● AIM OF THE EXERCISE
Please repeat, without alteration, the line containing "unexpected e ↦ []" and every line that follows it to the end of the entries below, and only those lines.

● LISTED RECORDS

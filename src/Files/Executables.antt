-- ===== src/Files/Executables.antt =====
-- `resolve_executable` and `open_executable`.
use voix.Base.{
  ℕ, not, ◌||◌, Option, none, some, List, [], ◌∷◌, Text, contains, is_empty, ◌==◌, nat_eq,
  if◌then◌else◌,
}
use voix.Paths.{filename, parent_path, append_path, absolute, lexically_normal, split_from}
use voix.Files.{
  FileError, not_found, permission_denied, read_error, Expected, value, unexpected, Stat,
  ExecutableInfo, Kernel, is_regular, is_shared_writable, is_executable, errno_to_file_error,
}

-- Directory symlinks resolved, the last name kept.
policy_path_of : Kernel → Text → Text → Text
unfolding absolute lexically_normal filename parent_path append_path
policy_path_of k resolved candidate = elim (absolute k.cwd candidate) [
  | none ↦ resolved
  | some full ↦
      if is_empty (filename full)
      then lexically_normal full
      else elim (k.realpath (parent_path full)) [
        | unexpected e ↦ lexically_normal full
        | value parent ↦ append_path parent (filename full)
      ]
]

-- The checks on the canonical file.
unfoldable pub check_stat : Kernel → ℕ → Text → Text → Stat → Expected FileError ExecutableInfo
unfolding policy_path_of
check_stat k owner resolved candidate st =
    if not (is_regular st)
    then unexpected permission_denied
    else if not (st.uid == owner)
    then unexpected permission_denied
    else if is_shared_writable st
    then unexpected permission_denied
    else if not (is_executable st)
    then unexpected permission_denied
    else value (record {
      path = resolved;
      policy_path = policy_path_of k resolved candidate;
      device = st.device;
      inode = st.inode;
    })

unfoldable pub check_candidate : Kernel → ℕ → Text → Expected FileError ExecutableInfo
unfolding check_stat errno_to_file_error
check_candidate k owner candidate = elim (k.realpath candidate) [
  | unexpected e ↦ unexpected (errno_to_file_error e not_found)
  | value resolved ↦ elim (k.stat resolved) [
    | unexpected e ↦ unexpected (errno_to_file_error e read_error)
    | value st ↦ check_stat k owner resolved candidate st
  ]
]

-- `first_error = result.error()` for the first failure that is not NotFound.
abbrev pub note_error : Option FileError → FileError → Option FileError
note_error first_error not_found = first_error
note_error none e = some e
note_error (some first) e = some first

abbrev error_or_not_found : Option FileError → FileError
error_or_not_found none = not_found
error_or_not_found (some e) = e

-- The search through PATH, from the first failure remembered so far.
unfoldable pub search_path :
    Kernel → ℕ → Text → Option FileError → List Text → Expected FileError ExecutableInfo
unfolding append_path
search_path k owner command first_error [] = unexpected (error_or_not_found first_error)
search_path k owner command first_error (item ∷ items) =
    let skipped = search_path k owner command first_error items in
    if is_empty item then skipped else elim (check_candidate k owner (append_path item command)) [
      | value info ↦ value info
      | unexpected e ↦ search_path k owner command (note_error first_error e) items
    ]

unfoldable pub resolve_executable : Kernel → ℕ → Text → Text → Expected FileError ExecutableInfo
unfolding check_candidate search_path absolute split_from contains
resolve_executable k owner command path_env =
    if is_empty command
    then unexpected not_found
    else if contains command b'/'
    then elim (absolute k.cwd command) [
      | none ↦ unexpected not_found
      | some full ↦ check_candidate k owner full
    ]
    else search_path k owner command none (split_from b':' [] path_env)

-- `resolve_command`: the canonical path, or nothing.
unfoldable pub resolve_command : Kernel → ℕ → Text → Text → Text
unfolding resolve_executable
resolve_command k owner command path_env = elim (resolve_executable k owner command path_env) [
  | value info ↦ info.path
  | unexpected e ↦ []
]

-- The kernel may have changed since the executable was resolved.
unfoldable pub open_executable : Kernel → ℕ → ExecutableInfo → Expected FileError ℕ
unfolding errno_to_file_error
open_executable k owner info = elim (k.open_no_follow info.path) [
  | unexpected e ↦ unexpected (errno_to_file_error e read_error)
  | value file ↦ elim file.fstat [
    | unexpected e ↦ unexpected read_error
    | value st ↦
        if not (st.device == info.device) || not (st.inode == info.inode)
        then unexpected permission_denied
        else if not (is_regular st)
            || (not (st.uid == owner) || (is_shared_writable st || not (is_executable st)))
        then unexpected permission_denied
        else value file.fd
  ]
]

● RESPONSE
  | unexpected e ↦ []
]

-- The kernel may have changed since the executable was resolved.
unfoldable pub open_executable : Kernel → ℕ → ExecutableInfo → Expected FileError ℕ
unfolding errno_to_file_error
open_executable k owner info = elim (k.open_no_follow info.path) [
  | unexpected e ↦ unexpected (errno_to_file_error e read_error)
  | value file ↦ elim file.fstat [
    | unexpected e ↦ unexpected read_error
    | value st ↦
        if not (st.device == info.device) || not (st.inode == info.inode)
        then unexpected permission_denied
        else if not (is_regular st)
            || (not (st.uid == owner) || (is_shared_writable st || not (is_executable st)))
        then unexpected permission_denied
        else value file.fd
  ]
]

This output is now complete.